(Stored items)
>>>>>
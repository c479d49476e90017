-- ===== src/Persistence/Untouched.antt =====
-- Stored traces of backend/app/persistence/repositories/temporary_history.py that added rows do not
-- belong to.
use organization_ai.Base.{false, ◌≡◌, ◌==◌, refl, sym, ap, ◌∙◌, Option-cases, inl, inr}
use organization_ai.Base.Json.{Uuid}
use organization_ai.Base.Query.{any}
use organization_ai.Base.Query.Absent.{find-untouched, select-untouched}
use organization_ai.Base.Sort.{sort_by}
use organization_ai.Persistence.Rows.{CaseRow, DecisionRow, EventRow, Database}
use organization_ai.Persistence.Repository.{
  Pending, insert_rows, find_trace, find_case, decision_of, events_of,
}
use organization_ai.Persistence.Appended.{find_trace-none, find_trace-some, loaded-IsLoaded}

-- No row has the trace id.
pub record IsForeign (new : Pending) (t : Uuid) : Type 0 where
  pub cases : any (λ (row : CaseRow). row.trace_id == t) new.cases ≡ false
  pub decisions : any (λ (row : DecisionRow). row.trace_id == t) new.decisions ≡ false
  pub events : any (λ (row : EventRow). row.trace_id == t) new.events ≡ false

module _ (db : Database) (new : Pending) (t : Uuid) (foreign : IsForeign new t) where
  find_case-untouched : find_case (insert_rows db new) t ≡ find_case db t
  unfolding find_case insert_rows
  find_case-untouched =
      find-untouched (λ (row : CaseRow). row.trace_id == t) db.cases new.cases foreign.cases

  decision_of-untouched : decision_of (insert_rows db new) t ≡ decision_of db t
  unfolding decision_of insert_rows
  decision_of-untouched =
      find-untouched (λ (row : DecisionRow). row.trace_id == t) db.decisions new.decisions
        foreign.decisions

  events_of-untouched : events_of (insert_rows db new) t ≡ events_of db t
  unfolding events_of insert_rows
  events_of-untouched =
      ap (sort_by (λ (row : EventRow). row.sequence_number)) (
        select-untouched (λ (row : EventRow). row.trace_id == t) db.events new.events
          foreign.events)

  pub find_trace-untouched : find_trace (insert_rows db new) t ≡ find_trace db t
  find_trace-untouched = elim (Option-cases (find_case db t)) [
    | inl gone ↦
        find_trace-none (insert_rows db new) t (find_case-untouched ∙ gone)
        ∙ sym (find_trace-none db t gone)
    | inr (c, there) ↦
        let same = (loaded-IsLoaded db t there).trace_id in
        find_trace-some (insert_rows db new) t (find_case-untouched ∙ there)
        ∙ rw (same, decision_of-untouched, events_of-untouched) refl
        ∙ sym (find_trace-some db t there)
  ]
<<<<<
[Work instructions]: Go line by line through the entries above and tally those that hold the word "same"; give the tally alone.

[Finished exercise]: 2